Аскинази сперва не поверил мне, а потом рассмеялся:

— А я пью только дешевое вино, потому что дорогое дорого.

— Все в жизни дорого, — рассудил я. — А сама жизнь еще дороже, потому что жизнь — я тут подумал — это не необходимость, а роскошь.

— У меня на роскошное денег нету.

— Это всегда так, — еще раз рассудил я. — Если тратить только на необходимое, на настоящее не остается. Дело вкуса!

— Роскошное вредно, — попробовал Аскинази после паузы. — Особенно, если становится привычкой… Курение, например…

— Может быть, вы правы, а может, и нет: существование тоже вредная привычка; чем больше живешь, тем выше шанс умереть.

Аскинази улыбнулся неуверенно, поскольку не разгадал моего к нему отношения — и опять был прав: отношения к нему у меня не было. Я был занят другим — переживанием неожиданной легкости и готовности жить дальше как бы дорого и вредно это ни было.

— Почему кричал? — спросил он серьезным голосом.

— Приснилось, что рожал, — сознался я. — Хотя в свое время отказался даже присутствовать при рождении дочери.

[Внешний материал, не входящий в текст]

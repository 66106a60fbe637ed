-- ===== src/Control/Wakeups.antt =====
-- The wake-ups of due retries.
use ptf.Prelude.{ℕ, ◌≡◌, none, String, List, All}
use ptf.Core.Wire.{Stamp}
use ptf.Core.Errors.{ok}
use ptf.Core.Envelope.{VersionedEnvelope}
use ptf.State.Db.{Db}
use ptf.State.Tx.{Tx}
use ptf.State.Outbox.{insert_outbox}
use ptf.Control.Intents.{Keeps}
use ptf.Control.Due.{Announced}
use ptf.Control.Dispatcher.{
  OutboxDispatcher, DueRetry, retry_key, retry_envelope, enqueue_retry, enqueue_all,
}

module _ (decimal : ℕ → String) (dispatcher : OutboxDispatcher) (now : ℕ) (stamp : Stamp) where
  -- the envelope of the wake-up passes its checks
  abbrev pub Builds : DueRetry → Type 0
  Builds r = (envelope : VersionedEnvelope) × (retry_envelope dispatcher stamp r ≡ ok envelope)

  abbrev enqueue : DueRetry → Tx ℕ
  enqueue = enqueue_retry decimal dispatcher now stamp

  abbrev all_of : List DueRetry → Tx (Unit {0})
  all_of = enqueue_all decimal dispatcher now stamp

  abbrev send : DueRetry → VersionedEnvelope → Tx ℕ
  send r envelope =
      insert_outbox now "unit_dispatch" (retry_key decimal r.unit) dispatcher.dispatch_topic
        envelope none

  record Enqueues (rs : List DueRetry) (db : Db) : Type 0 where
    after : Db
    runs : all_of rs db ≡ (ok tt, after)
    keeps : Keeps db after
    announced : All (λ r. Announced decimal after r.unit) rs
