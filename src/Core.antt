-- ===== src/Core.antt =====
-- src/distributed_runtime/core: the enumerations, JSON values and errors that every part shares.
pub mod Enums
pub mod Json
pub mod Errors
pub mod Name
pub mod Text
pub mod Identifier
pub mod Envelope
pub mod Artifact
pub mod Wire
pub mod Failure
pub mod Lifecycle
pub mod Shutdown
pub mod Config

— А при зачатии присутствовал?

— В трезвом состоянии! — соврал я.

— Мог бы и выпить: особый случай! — разрешил он и умолк на пару минут, в течение которых, как мне почудилось, он размышлял. Я попытался сделать то же самое, оттолкнувшись от идеи, что слова даны человеку, чтобы скрывать мысли. Я даже верил, будто, если бы люди говорили все как есть, не было бы диалогов. Правильнее другое: слова есть средство, с помощью которого человек отказывается воспринимать жизнь такою, какая она есть. Аскинази вскинулся и сообщил свою заключительную мысль:

— Истинного лица у человека не бывает, и каждый есть то, кем он притворяется. Поэтому тебе в больнице нечего делать.

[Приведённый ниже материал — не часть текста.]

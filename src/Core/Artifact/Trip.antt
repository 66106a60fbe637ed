-- ===== src/Core/Artifact/Trip.antt =====
-- Artifact references through their payload form, and against their content.
use ptf.Prelude.{ℕ, ◌≡◌, ◌↔◌, String, List, arith, length, eq_iff, nat_eq_iff, sym, ap, ◌∙◌, subst}
use ptf.Core.Artifact.{artifact_reference, to_payload, from_payload, from_bytes, verify}
use ptf.Core.Envelope.{ArtifactReference}
use ptf.Core.Errors.{ok}
use ptf.Core.Json.{ℤ, get_field}

module _ (quote : String → String) (show : ℕ → String) where
  -- the reference passes the tests of its own fields
  abbrev pub IsArtifact : ArtifactReference → Type 0
  IsArtifact a =
      artifact_reference quote show a.application a.bucket a.object_name (ℤ.pos a.generation) a.uri
        a.sha256 (ℤ.pos a.size_bytes)
      ≡ ok a

  pub artifact_reference-IsArtifact :
      (application bucket object_name : String) (generation : ℤ) (uri sha256 : String)
      (size_bytes : ℤ) (a : ArtifactReference)
      → artifact_reference quote show application bucket object_name generation uri sha256
          size_bytes
        ≡ ok a
      → IsArtifact a
  unfolding artifact_reference
  artifact_reference-IsArtifact application bucket object_name (ℤ.pos g) uri sha256 (ℤ.pos n) a e =
      let made : ArtifactReference = record {
        application = application;
        bucket = bucket;
        object_name = object_name;
        generation = g;
        uri = uri;
        sha256 = sha256;
        size_bytes = n;
      } in
      let same : a ≡ made = ground (arith, e) in subst IsArtifact (sym same) (e ∙ ap ok same)
  artifact_reference-IsArtifact application bucket object_name (ℤ.negsuc g) uri sha256 n a e =
      absurd (ground (arith, e))
  artifact_reference-IsArtifact application bucket object_name (ℤ.pos g) uri sha256 (ℤ.negsuc n) a
        e =
      absurd (ground (arith, e))

  pub payload-IsArtifact :
      (a : ArtifactReference) → IsArtifact a → from_payload quote show (to_payload a) ≡ ok a
  unfolding from_payload to_payload get_field
  payload-IsArtifact a h = h

  -- A reference that the checks let through survives its payload form: decoding what it encodes to
  -- gives the reference back.
  pub from_payload-to_payload :
      (application bucket object_name : String) (generation : ℤ) (uri sha256 : String)
      (size_bytes : ℤ) (a : ArtifactReference)
      → artifact_reference quote show application bucket object_name generation uri sha256
          size_bytes
        ≡ ok a
      → from_payload quote show (to_payload a) ≡ ok a
  from_payload-to_payload application bucket object_name generation uri sha256 size_bytes a e =
      payload-IsArtifact a (
        artifact_reference-IsArtifact application bucket object_name generation uri sha256
          size_bytes a e)

  -- A reference made from bytes accepts exactly the contents of their length and their digest.
  pub verify-from_bytes :
      (digest : List ℕ → String) (application bucket object_name : String) (generation : ℕ)
      (content other : List ℕ) (a : ArtifactReference)
      → from_bytes quote show digest application bucket object_name generation content ≡ ok a
      → (verify digest a other ≡ ok tt)
        ↔ ((length other ≡ length content) × (digest other ≡ digest content))
  unfolding from_bytes verify
  verify-from_bytes digest application bucket object_name generation content other a e =
      let sized : a.size_bytes ≡ length content = ground (arith, e) in
      let hashed : a.sha256 ≡ digest content = ground (arith, e) in
      (
        (λ h. ground (
          arith,
          h,
          sized,
          hashed,
          eq_iff (digest other) a.sha256,
          nat_eq_iff (length other) a.size_bytes,
        )),
        (λ h. ground (
          arith,
          h.0,
          h.1,
          sized,
          hashed,
          eq_iff (digest other) a.sha256,
          nat_eq_iff (length other) a.size_bytes,
        )),
      )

Утром следующего дня, покинув больницу, я жадно заглотнул воздух и, не желая расставаться с ним, запер его в легких. Меня захлестнул восторг, и вернулось недавнее состояние, когда в горле сдавило перед молитвенным вскриком. Я остановился, но задирать головы к небу не стал, поскольку, запруженное невидимыми на рассвете звездами, оно — в чем я убедился тогда впервые — начиналось у моих подошв. Когда заглотанный воздух стал больно давить легкие, я вернул его обступавшему меня небу и услышал звонкий всплеск упавшего в живот сердца.